Our overall ambition is an international rebellion that helps humanity to turn quickly onto a course that is compatible with life on earth. However we are unattached to this outcome, we also make these valiant efforts, to lead an honourable life in this time of grief, destruction and unravelling.

 

It’s their way or the highway – or so these people believe. But if they get their way — and they are perfectly sincere about their aims: this isn’t a game — then it will be the end of Western civilisation as we know it.

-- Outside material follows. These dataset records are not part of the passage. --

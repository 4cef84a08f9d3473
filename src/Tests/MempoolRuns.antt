-- ===== src/Tests/MempoolRuns.antt =====
-- The mempool: runs, and its theorems on a pool with one transaction.
use mathlib.Core.List.{Perm}
use blocknet_core.Prelude.{
  ◌≡◌, ◌≢◌, ◌⊎◌, ◌≤◌, refl, List, [], ◌∷◌, Bytes, true, false, some, none, ok, err, arith, length,
  take, drop, put_le, get_le, bytes_eq, contains, replicate,
}
use blocknet_core.Prelude.Maps.{lookup, delete, insert, keys}
use blocknet_core.Prelude.Sorting.{
  descending, exchange_pass, exchange_rounds, exchange_sort, IsSorted,
}
use blocknet_core.Tx.{is_coinbase}
use blocknet_core.Tx.Decode.{
  deserialize, parse_output, parse_outputs, read_arrays, parse_input, parse_inputs,
}
use blocknet_core.Tx.Encode.{
  serialize, copy_bytes, put_uint, finish, outputs_size, inputs_size, write_output, write_outputs,
  write_arrays, write_input, write_inputs, write_prefix, hashed_size, hash_output, hash_outputs,
  hash_prefix, signing_prefix,
}
use blocknet_core.Tx.Layout.{
  encode, encode_prefix, encode_output, encode_outputs, encode_arrays, encode_input, encode_inputs,
}
use blocknet_core.Tx.Crypto.{
  tx_id, signing_hash, verify_ringct, verify_range_proof, extract_binding,
}
use blocknet_core.Tx.Validate.{
  check_each, or_fail, or_panic, zero_memo, check_memo, check_distinct, check_ring,
  check_range_proof, check_input, add_all, sum_commitments, check_balance, validate_coinbase,
  validate_spend, validate_transaction,
}
use blocknet_core.Mempool.{
  Mempool, Entry, Env, new_mempool, delete_images, insert_images, dequeue, remove_tx_by_id,
  oldest_from, evict_lowest, evict_until, out_of_fuel,
}
use blocknet_core.Mempool.Operations.{
  Candidate, wrap, find_conflict, check_conflicts, check_new, check_known, check_admission, store,
  admit_bytes, admit, add_transaction, connect_txs, connect_tx, remove_spent, remove_by_key_image,
}
use blocknet_core.Mempool.Images.{Inv, spends}
use blocknet_core.Mempool.Remove.{new_mempool-Inv}
use blocknet_core.Mempool.Admit.{new_entry}
use blocknet_core.Mempool.Admission.{Admissible, check_admission-Admissible, add_transaction-Inv}
use blocknet_core.Mempool.Blocks.{connect_txs_clears}
use blocknet_core.Mempool.Evict.{Evicts, evict_lowest-Evicts}
use blocknet_core.Mempool.Bounds.{Within}
use blocknet_core.Mempool.Limits.{add_transaction-Within}
use blocknet_core.Mempool.Outcome.{add_transaction-fuel, add_transaction-stores}
use blocknet_core.Mempool.Select.{
  values, get_all_entries, select_entries, total_of, select_entries_bounds, select_entries-perm,
}
use blocknet_core.Mempool.Histories.{
  Call, adds, run, step, run-new_mempool-Inv, run-no_double_spend,
}
use blocknet_core.Tests.Samples.{sample_tx, toy_env, toy_config}

unfoldable pub program : Unit {0}
unfolding encode encode_prefix encode_output encode_outputs encode_arrays encode_input encode_inputs
    put_le take drop deserialize parse_output parse_outputs read_arrays parse_input parse_inputs
    get_le serialize copy_bytes put_uint finish outputs_size inputs_size write_output write_outputs
    write_arrays write_input write_inputs write_prefix hashed_size hash_output hash_outputs
    hash_prefix signing_prefix tx_id signing_hash verify_ringct verify_range_proof extract_binding
    check_each or_fail or_panic zero_memo check_memo check_distinct check_ring check_range_proof
    check_input add_all sum_commitments check_balance validate_coinbase validate_spend
    validate_transaction is_coinbase bytes_eq contains lookup delete insert keys new_mempool
    delete_images insert_images dequeue remove_tx_by_id oldest_from evict_lowest evict_until wrap
    find_conflict check_conflicts check_new check_known check_admission store admit_bytes admit
    add_transaction run step connect_txs connect_tx remove_spent remove_by_key_image
program = tt

pool_data : Bytes
unfolding program
pool_data = encode sample_tx

abbrev candidate : Candidate
candidate = record { tx = sample_tx; id = pool_data; fee_rate = 2; size = length pool_data }

-- The pool after the transaction has been added to a new one.
pool : Mempool
unfolding program
pool = (add_transaction toy_env 10 5000 pool_data (new_mempool toy_config)).0

admission : check_admission toy_env (new_mempool toy_config) 5000 pool_data ≡ ok (some candidate)
unfolding program pool_data
admission = refl

calls : List (Env × Call)
calls = (toy_env, adds 10 5000 pool_data) ∷ []

pool-run : run calls (new_mempool toy_config) ≡ pool
unfolding program pool calls
pool-run = refl

pool_entry :
    lookup pool_data pool.tx_by_id
    ≡ some (new_entry 10 5000 pool_data candidate (new_mempool toy_config))
unfolding program pool pool_data
pool_entry = refl

pool-Inv : Inv pool
unfolding pool
pool-Inv =
    add_transaction-Inv toy_env 10 5000 pool_data (new_mempool toy_config)
      (new_mempool-Inv toy_config)

image : Bytes
image = replicate 32 7

pool_spends : spends sample_tx image ≡ true
unfolding contains bytes_eq image
pool_spends = refl

run-new_mempool-Inv_example : Inv (run calls (new_mempool toy_config))
run-new_mempool-Inv_example = run-new_mempool-Inv toy_config calls

run_entry :
    lookup pool_data (run calls (new_mempool toy_config)).tx_by_id
    ≡ some (new_entry 10 5000 pool_data candidate (new_mempool toy_config))
unfolding program calls pool_data
run_entry = refl

run-no_double_spend_example : pool_data ≡ pool_data
run-no_double_spend_example =
    run-no_double_spend toy_config calls pool_data pool_data image
      (new_entry 10 5000 pool_data candidate (new_mempool toy_config))
      (new_entry 10 5000 pool_data candidate (new_mempool toy_config)) run_entry run_entry
      pool_spends pool_spends

new_mempool-Within : Within toy_config (new_mempool toy_config)
unfolding new_mempool
new_mempool-Within = record {
  inv = new_mempool-Inv toy_config;
  same = refl;
  count = omega arith;
  bytes = omega arith;
}

pool_data_fits : length pool_data ≤ toy_config.max_size_bytes
unfolding program pool_data
pool_data_fits = omega arith

add_transaction-Within_example :
    Within toy_config (add_transaction toy_env 10 5000 pool_data (new_mempool toy_config)).0
add_transaction-Within_example =
    add_transaction-Within toy_env toy_config 10 5000 pool_data (new_mempool toy_config)
      new_mempool-Within pool_data_fits

add_transaction-fuel_example :
    (add_transaction toy_env 10 5000 pool_data (new_mempool toy_config)).1 ≢ err out_of_fuel
add_transaction-fuel_example =
    add_transaction-fuel toy_env 10 5000 pool_data (new_mempool toy_config)
      (new_mempool-Inv toy_config)

added : (add_transaction toy_env 10 5000 pool_data (new_mempool toy_config)).1 ≡ ok tt
unfolding program pool_data
added = refl

add_transaction-stores_example :
    lookup pool_data (add_transaction toy_env 10 5000 pool_data (new_mempool toy_config)).0.tx_by_id
    ≡ some (new_entry 10 5000 pool_data candidate (new_mempool toy_config))
add_transaction-stores_example =
    add_transaction-stores toy_env 10 5000 pool_data (new_mempool toy_config) candidate admission
      added

check_admission-Admissible_example :
    Admissible toy_env (new_mempool toy_config) 5000 pool_data candidate
check_admission-Admissible_example =
    check_admission-Admissible toy_env (new_mempool toy_config) 5000 pool_data candidate admission

own_id : tx_id toy_env.crypto sample_tx ≡ ok pool_data
unfolding program pool_data
own_id = refl

connect_txs_clears_example :
    (lookup pool_data (connect_txs toy_env (sample_tx ∷ []) pool).tx_by_id ≡ none)
    × (lookup image (connect_txs toy_env (sample_tx ∷ []) pool).tx_by_image ≡ none)
connect_txs_clears_example =
    connect_txs_clears toy_env (sample_tx ∷ []) pool 0 sample_tx pool_data image pool-Inv refl
      own_id pool_spends

evict_lowest-Evicts_example :
    (evict_lowest 3 pool ≡ (pool, false)) ⊎ ((id : Bytes) × (e : Entry) × Evicts 3 pool id e)
evict_lowest-Evicts_example = evict_lowest-Evicts 3 pool pool-Inv.is_map

select_entries_bounds_example :
    (length (select_entries 4000 5 pool) ≤ 5)
    × (total_of (select_entries 4000 5 pool) ≤ 4000)
    × IsSorted (descending (λ (e : Entry). e.fee_rate)) (select_entries 4000 5 pool)
select_entries_bounds_example = select_entries_bounds 4000 5 pool

pool_size : length (values pool.tx_by_id) ≡ 1
unfolding program pool pool_data values
pool_size = refl

pool_total : total_of (get_all_entries pool) ≡ length pool_data
unfolding program pool pool_data values get_all_entries total_of exchange_sort exchange_rounds
    exchange_pass
pool_total = refl

pool_data_size : length pool_data ≤ 4000
unfolding program pool_data
pool_data_size = omega arith

select_entries-perm_example : Perm (select_entries 4000 5 pool) (values pool.tx_by_id)
select_entries-perm_example =
    select_entries-perm 4000 5 pool (omega (arith, pool_size))
      (omega (arith, pool_total, pool_data_size))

The costs of heating or cooling homes will rocket; travel will become prohibitively expensive (and possibly, in some cases, illegal; standards of living will plummet; the children of the future (whom greenies so love to invoke) will be poorer than their forebears; state regulation will become increasingly totalitarian; resources will be rationed by the government rather than distributed by the market; still more old people will die in fuel poverty.

Perhaps the rich people alleged to be funding these eco-fascists imagine that they will be exempt — that they will form part of some kind of privileged Nomenklatura who can carry on living their privileged lifestyle as before.

Which makes their green virtue-signalling even more disgusting, slimy and hypocritical, doesn’t it?